Johannesburg - Motor vehicle insurance premiums will become unaffordable if current trends in motor accidents and uninsured vehicles persist.
South Africa is a country where motor vehicle insurance is already very expensive, and premiums will certainly continue to escalate beyond the inflation rate.
This could have far-reaching implications because only 30% of all vehicles on the road are insured.
According to the South African Insurance Association (SAIA), 70% of all claims for vehicle damage received by the insurers are the result of accidents. Abuse of alcohol plays a role in a large proportion of these accidents.

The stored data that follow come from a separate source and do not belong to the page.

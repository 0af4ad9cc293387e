-- ===== src/Scheduler/Holders.antt =====
-- The goroutines that execute an entry, counted (internal/scheduler/scheduler.go), and what a change of
-- one goroutine and its entry does to them.
use cannectors.Prelude.{
  ℕ, zero, suc, ◌+◌, ◌≤◌, ◌<◌, ◌≡◌, refl, arith, Bool, true, false, some, List, [], ◌∷◌, ◌==◌,
  if◌then◌else◌,
}
use cannectors.Scheduler.{
  queue_capacity, Registered, Phase, entered, executing, dequeued, Task, Scheduler, update, task_at,
  put_task, drop_task,
}

-- 1 if the goroutine has its entry's `running` flag
abbrev pub holds : Phase → ℕ
holds entered = 0
holds executing = 1
holds dequeued = 1

-- the goroutines that execute an entry
abbrev pub holders : ℕ → List Task → ℕ
holders h [] = 0
holders h (t ∷ ts) = (if t.handle == h then holds t.phase else 0) + holders h ts

abbrev pub bit : Bool → ℕ
bit true = 1
bit false = 0

-- the tasks are of entries below `n`
abbrev pub Below : ℕ → List Task → Type 0
Below n [] = Unit
Below n (t ∷ ts) = (t.handle < n) × Below n ts

-- The `running` flag of each entry tells whether a goroutine executes it, and no more than one does;
-- no queue is longer than its capacity.
pub record IsSafe (s : Scheduler) : Type 0 where
  pub one_holder : (h : ℕ) → holders h s.tasks ≡ bit (s.registered h).running
  pub bounded : (h : ℕ) → (s.registered h).queue ≤ queue_capacity
  pub allocated : Below s.next s.tasks

pub Below-suc : (n : ℕ) (ts : List Task) → Below n ts → Below (suc n) ts
Below-suc n [] b = tt
Below-suc n (t ∷ ts) b = (omega (arith, b.0), Below-suc n ts b.1)

pub holders-Below : (n : ℕ) (ts : List Task) → Below n ts → holders n ts ≡ 0
holders-Below n [] b = refl
holders-Below n (t ∷ ts) b = ground (arith, holders-Below n ts b.1)

pub Below-put :
    (n i : ℕ) (u : Task) (ts : List Task) → u.handle < n → Below n ts → Below n (put_task i u ts)
Below-put n i u [] h b = tt
Below-put n zero u (t ∷ ts) h b = (h, b.1)
Below-put n (suc i) u (t ∷ ts) h b = (b.0, Below-put n i u ts h b.1)

pub Below-drop : (n i : ℕ) (ts : List Task) → Below n ts → Below n (drop_task i ts)
Below-drop n i [] b = tt
Below-drop n zero (t ∷ ts) b = b.1
Below-drop n (suc i) (t ∷ ts) b = (b.0, Below-drop n i ts b.1)

pub Below-at :
    (n i : ℕ) (ts : List Task) (t : Task) → Below n ts → task_at i ts ≡ some t → t.handle < n
Below-at n i [] t b h = absurd cc
Below-at n zero (u ∷ ts) t b h = ground arith
Below-at n (suc i) (u ∷ ts) t b h = Below-at n i ts t b.1 h

-- the part of `holders` that one task has
abbrev pub share : ℕ → Task → ℕ
share h t = if t.handle == h then holds t.phase else 0

pub holders-put :
    (h i : ℕ) (u : Task) (ts : List Task) (t : Task)
    → task_at i ts ≡ some t
    → holders h (put_task i u ts) + share h t ≡ holders h ts + share h u
holders-put h i u [] t e = absurd cc
holders-put h zero u (v ∷ ts) t e = ground arith
holders-put h (suc i) u (v ∷ ts) t e = omega (arith, holders-put h i u ts t e)

pub holders-drop :
    (h i : ℕ) (ts : List Task) (t : Task)
    → task_at i ts ≡ some t
    → holders h (drop_task i ts) + share h t ≡ holders h ts
holders-drop h i [] t e = absurd cc
holders-drop h zero (v ∷ ts) t e = ground arith
holders-drop h (suc i) (v ∷ ts) t e = omega (arith, holders-drop h i ts t e)

-- One task is replaced, or is gone, and the entries change with it.
pub put-IsSafe :
    (i : ℕ) (t u : Task) (s : Scheduler) (f : ℕ → Registered)
    → task_at i s.tasks ≡ some t
    → u.handle ≡ t.handle
    → IsSafe s
    → ((h : ℕ) → bit (f h).running + share h t ≡ bit (s.registered h).running + share h u)
    → ((h : ℕ) → (f h).queue ≤ queue_capacity)
    → IsSafe (record s { tasks = put_task i u s.tasks; registered = f })
put-IsSafe i t u s f at same safe flags queues = record {
  one_holder = λ h. omega (arith, holders-put h i u s.tasks t at, safe.one_holder h, flags h);
  bounded = queues;
  allocated =
      Below-put s.next i u s.tasks
        (omega (arith, same, Below-at s.next i s.tasks t safe.allocated at)) safe.allocated;
}

pub drop-IsSafe :
    (i : ℕ) (t : Task) (s : Scheduler) (f : ℕ → Registered)
    → task_at i s.tasks ≡ some t
    → IsSafe s
    → ((h : ℕ) → bit (f h).running + share h t ≡ bit (s.registered h).running)
    → ((h : ℕ) → (f h).queue ≤ queue_capacity)
    → IsSafe (record s { tasks = drop_task i s.tasks; registered = f })
drop-IsSafe i t s f at safe flags queues = record {
  one_holder = λ h. omega (arith, holders-drop h i s.tasks t at, safe.one_holder h, flags h);
  bounded = queues;
  allocated = Below-drop s.next i s.tasks safe.allocated;
}

pub update-bounded :
    (f : ℕ → Registered) (k : ℕ) (r : Registered)
    → ((h : ℕ) → (f h).queue ≤ queue_capacity)
    → r.queue ≤ queue_capacity
    → (h : ℕ) → (update f k r h).queue ≤ queue_capacity
update-bounded f k r old new h = ground (arith, old h, new)
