-- ===== src/Scheduler/Invariant.antt =====
-- What holds of the scheduler at any time (internal/scheduler/scheduler.go): an entry is executed by
-- one goroutine at most, and its queue is bounded.
use cannectors.Prelude.{
  ℕ, zero, suc, ◌≤◌, ◌≡◌, refl, ap, arith, Bool, true, false, not, Bool-cases, Option-cases, inl,
  inr, Option, none, some, List, [], ◌∷◌, Text, is_blank, ltb, if◌then◌else◌,
}
use cannectors.Prelude.Assoc.{lookup, delete}
use cannectors.Scheduler.{
  Pipeline, Registered, Phase, entered, executing, dequeued, Task, Scheduler, Error,
  pipeline_disabled, empty_schedule, invalid_cron, already_running, update, task_at, fresh,
  new_scheduler, add_entry, register_over, register, unregister, start, stop_begin, drain, stop_end,
  enter, try_start, finish_with, resume_if, resume, advance_task, advance, Event, registers,
  unregisters, starts, stops, stopped, ticks, advances, step, run,
}
use cannectors.Scheduler.Holders.{
  IsSafe, bit, holders-drop, holders-Below, Below-suc, put-IsSafe, drop-IsSafe, update-bounded,
}

try_start-IsSafe :
    (i : ℕ) (t : Task) (s : Scheduler)
    → task_at i s.tasks ≡ some t
    → t.phase ≡ entered
    → IsSafe s
    → IsSafe (try_start i t s)
unfolding try_start
try_start-IsSafe i t s at now safe = elim (Bool-cases (s.registered t.handle).running) [
  | inl busy ↦ rw busy (
      drop-IsSafe i t s _ at safe (λ h. ground (arith, now))
        (update-bounded s.registered t.handle _ safe.bounded
          (ground (arith, safe.bounded t.handle))))
  | inr free ↦ rw free (
      put-IsSafe i t (record t { phase = executing }) s _ at refl safe (λ h. ground (arith, now))
        (update-bounded s.registered t.handle _ safe.bounded
          (ground (arith, safe.bounded t.handle))))
]

finish_with-IsSafe :
    (n i : ℕ) (t : Task) (s : Scheduler)
    → task_at i s.tasks ≡ some t
    → t.phase ≡ executing
    → (s.registered t.handle).queue ≡ n
    → IsSafe s
    → IsSafe (finish_with n i t s)
unfolding finish_with
finish_with-IsSafe zero i t s at now left safe =
    drop-IsSafe i t s _ at safe
      (λ h. ground (arith, now, safe.one_holder h, holders-drop h i s.tasks t at))
      (update-bounded s.registered t.handle _ safe.bounded (ground (arith, safe.bounded t.handle)))
finish_with-IsSafe (suc n) i t s at now left safe =
    put-IsSafe i t (record t { phase = dequeued }) s _ at refl safe
      (λ h. ground (arith, now, safe.one_holder h, holders-drop h i s.tasks t at))
      (update-bounded s.registered t.handle _ safe.bounded (ground (arith, safe.bounded t.handle)))

resume_if-IsSafe :
    (b : Bool) (i : ℕ) (t : Task) (s : Scheduler)
    → task_at i s.tasks ≡ some t
    → t.phase ≡ dequeued
    → IsSafe s
    → IsSafe (resume_if b i t s)
unfolding resume_if
resume_if-IsSafe true i t s at now safe =
    put-IsSafe i t (record t { phase = executing; held = suc t.held }) s s.registered at refl safe
      (λ h. ground (arith, now)) safe.bounded
resume_if-IsSafe false i t s at now safe =
    drop-IsSafe i t s _ at safe
      (λ h. ground (arith, now, safe.one_holder h, holders-drop h i s.tasks t at))
      (update-bounded s.registered t.handle _ safe.bounded (ground (arith, safe.bounded t.handle)))

advance_task-IsSafe :
    (p : Phase) (i : ℕ) (t : Task) (s : Scheduler)
    → task_at i s.tasks ≡ some t
    → t.phase ≡ p
    → IsSafe s
    → IsSafe (advance_task p i t s)
unfolding advance_task
advance_task-IsSafe entered i t s at now safe = try_start-IsSafe i t s at now safe
advance_task-IsSafe executing i t s at now safe = finish_with-IsSafe _ i t s at now refl safe
advance_task-IsSafe dequeued i t s at now safe =
    unfold resume in resume_if-IsSafe s.started i t s at now safe

pub advance-IsSafe : (i : ℕ) (s : Scheduler) → IsSafe s → IsSafe (advance i s)
unfolding advance
advance-IsSafe i s safe = elim (Option-cases (task_at i s.tasks)) [
  | inl e ↦ rw (e, advance) safe
  | inr (t, e) ↦ rw (e, advance) (advance_task-IsSafe t.phase i t s e refl safe)
]

-- The map of the pipelines, `started` and the context are not part of it.
pub same_tasks :
    (s : Scheduler) (m : List (Text × ℕ)) (b c : Bool)
    → IsSafe s
    → IsSafe (record s { pipelines = m; started = b; canceled = c })
same_tasks s m b c safe = record {
  one_holder = safe.one_holder;
  bounded = safe.bounded;
  allocated = safe.allocated;
}

add_entry-IsSafe : (p : Pipeline) (s : Scheduler) → IsSafe s → IsSafe (add_entry p s)
unfolding add_entry
add_entry-IsSafe p s safe = record {
  one_holder = λ h. ground (arith, safe.one_holder h, holders-Below s.next s.tasks safe.allocated);
  bounded = update-bounded s.registered s.next (fresh p) safe.bounded (omega arith);
  allocated = Below-suc s.next s.tasks safe.allocated;
}

register_over-IsSafe :
    (p : Pipeline) (o : Option ℕ) (s : Scheduler) → IsSafe s → IsSafe (register_over p o s).0
unfolding register_over
register_over-IsSafe p none s safe = add_entry-IsSafe p s safe
register_over-IsSafe p (some h) s safe = elim (Bool-cases (s.registered h).running) [
  | inl busy ↦ rw busy safe
  | inr free ↦
      rw free
        (add_entry-IsSafe p _ (same_tasks s (delete p.id s.pipelines) s.started s.canceled safe))
]

register-IsSafe :
    (is_cron : Text → Bool) (o : Option Pipeline) (s : Scheduler)
    → IsSafe s
    → IsSafe (register is_cron o s).0
unfolding register
register-IsSafe is_cron none s safe = safe
register-IsSafe is_cron (some p) s safe =
    go (not p.enabled) (is_blank p.schedule) (not (is_cron p.schedule))
  where
    go :
        (a b c : Bool)
        → IsSafe
            (if a
              then (s, some pipeline_disabled)
              else if b
              then (s, some empty_schedule)
              else if c
              then (s, some invalid_cron)
              else register_over p (lookup p.id s.pipelines) s).0
    go true b c = safe
    go false true c = safe
    go false false true = safe
    go false false false = register_over-IsSafe p _ s safe

pub drain-queue :
    (m : List (Text × ℕ)) (f : ℕ → Registered) (h : ℕ)
    → ((drain m f h).running ≡ (f h).running) × ((drain m f h).queue ≤ (f h).queue)
unfolding drain
drain-queue [] f h = (refl, omega arith)
drain-queue ((id, k) ∷ m) f h =
    ground (arith, drain-queue m (update f k (record (f k) { queue = 0 })) h)

stop_end-IsSafe : (s : Scheduler) → IsSafe s → IsSafe (stop_end s)
unfolding stop_end
stop_end-IsSafe s safe = go s.tasks refl
  where
    go :
        (ts : List Task)
        → ts ≡ s.tasks
        → IsSafe (elim ts as (λ x. Scheduler) [
          | [] ↦ record s { pipelines = []; registered = drain s.pipelines s.registered }
          | t ∷ ts ↦ s
        ])
    go [] e = record {
      one_holder =
          λ h. omega (arith, ap bit (drain-queue s.pipelines s.registered h).0, safe.one_holder h);
      bounded = λ h. omega (arith, (drain-queue s.pipelines s.registered h).1, safe.bounded h);
      allocated = safe.allocated;
    }
    go (t ∷ ts) e = safe

unregister-IsSafe : (id : Text) (s : Scheduler) → IsSafe s → IsSafe (unregister id s).0
unfolding unregister
unregister-IsSafe id s safe = elim (Option-cases (lookup id s.pipelines)) [
  | inl e ↦ rw (e, unregister) safe
  | inr (h, e) ↦ rw (e, unregister) (same_tasks s (delete id s.pipelines) s.started s.canceled safe)
]

start-IsSafe : (s : Scheduler) → IsSafe s → IsSafe (start s).0
unfolding start
start-IsSafe s safe = go s.started
  where
    go :
        (b : Bool)
        → let r : Scheduler × Option Error =
            (if b
              then (s, some already_running)
              else (record s { started = true; canceled = false }, none)) in
          IsSafe r.0
    go true = safe
    go false = same_tasks s s.pipelines true false safe

enter-IsSafe : (h : ℕ) (s : Scheduler) → IsSafe s → IsSafe (enter h s)
unfolding enter
enter-IsSafe h s safe = go (not s.started) (ltb h s.next) refl
  where
    go :
        (a b : Bool)
        → b ≡ ltb h s.next
        → IsSafe (
            if a
            then s
            else if b
            then record s { tasks = record { handle = h; phase = entered; held = 1 } ∷ s.tasks }
            else s)
    go true b e = safe
    go false false e = safe
    go false true e = record {
      one_holder = λ j. ground (arith, safe.one_holder j);
      bounded = safe.bounded;
      allocated = (ground (arith, e), safe.allocated);
    }

-- Whatever is done to a safe scheduler, it stays safe.
pub step-IsSafe :
    (is_cron : Text → Bool) (e : Event) (s : Scheduler) → IsSafe s → IsSafe (step is_cron e s)
unfolding step
step-IsSafe is_cron (registers p) s safe = register-IsSafe is_cron p s safe
step-IsSafe is_cron (unregisters id) s safe = unregister-IsSafe id s safe
step-IsSafe is_cron starts s safe = start-IsSafe s safe
step-IsSafe is_cron stops s safe = unfold stop_begin in same_tasks s s.pipelines false true safe
step-IsSafe is_cron stopped s safe = stop_end-IsSafe s safe
step-IsSafe is_cron (ticks h) s safe = enter-IsSafe h s safe
step-IsSafe is_cron (advances i) s safe = advance-IsSafe i s safe

run-IsSafe :
    (is_cron : Text → Bool) (es : List Event) (s : Scheduler) → IsSafe s → IsSafe (run is_cron es s)
unfolding run
run-IsSafe is_cron [] s safe = safe
run-IsSafe is_cron (e ∷ es) s safe =
    run-IsSafe is_cron es (step is_cron e s) (step-IsSafe is_cron e s safe)

new_scheduler-IsSafe : IsSafe new_scheduler
unfolding new_scheduler
new_scheduler-IsSafe = record { one_holder = λ h. refl; bounded = λ h. omega arith; allocated = tt }

-- Whatever registrations, ticks, starts, stops and steps of goroutines happen to a new scheduler, in
-- whatever order, the `running` flag of an entry tells whether a goroutine executes that entry, no
-- more than one does, and no queue is longer than `queue_capacity`.
pub run-new_scheduler-IsSafe :
    (is_cron : Text → Bool) (es : List Event) → IsSafe (run is_cron es new_scheduler)
run-new_scheduler-IsSafe is_cron es = run-IsSafe is_cron es new_scheduler new_scheduler-IsSafe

The accident statistics are alarming. Every day 36 people die on South African roads and 14 000 accidents occur each year. Those dying on the roads every day include 15 pedestrians and three taxi-accident fatalities. According to SAIA's statistics there are 7 000 taxi accidents a year.
The accident statistics put pressure not only on insurers but also on the banks financing vehicles. Consumers ultimately suffer huge financial consequences.
The five large vehicle financiers annually write off some R500m as a result of damage to uninsured vehicles.
In addition, the short-term insurers all reflect losses on their vehicle books. In turn, insurers' losses currently result in their rejecting many claims resulting from accident damage.
The situation is currently so parlous that some vehicle financiers have created internal divisions to negotiate rejected claims with insurers on behalf of vehicle owners.
Another factor contributing to vehicle financiers' and consumers' big losses is the fact that many people have no insurance - or are underinsured.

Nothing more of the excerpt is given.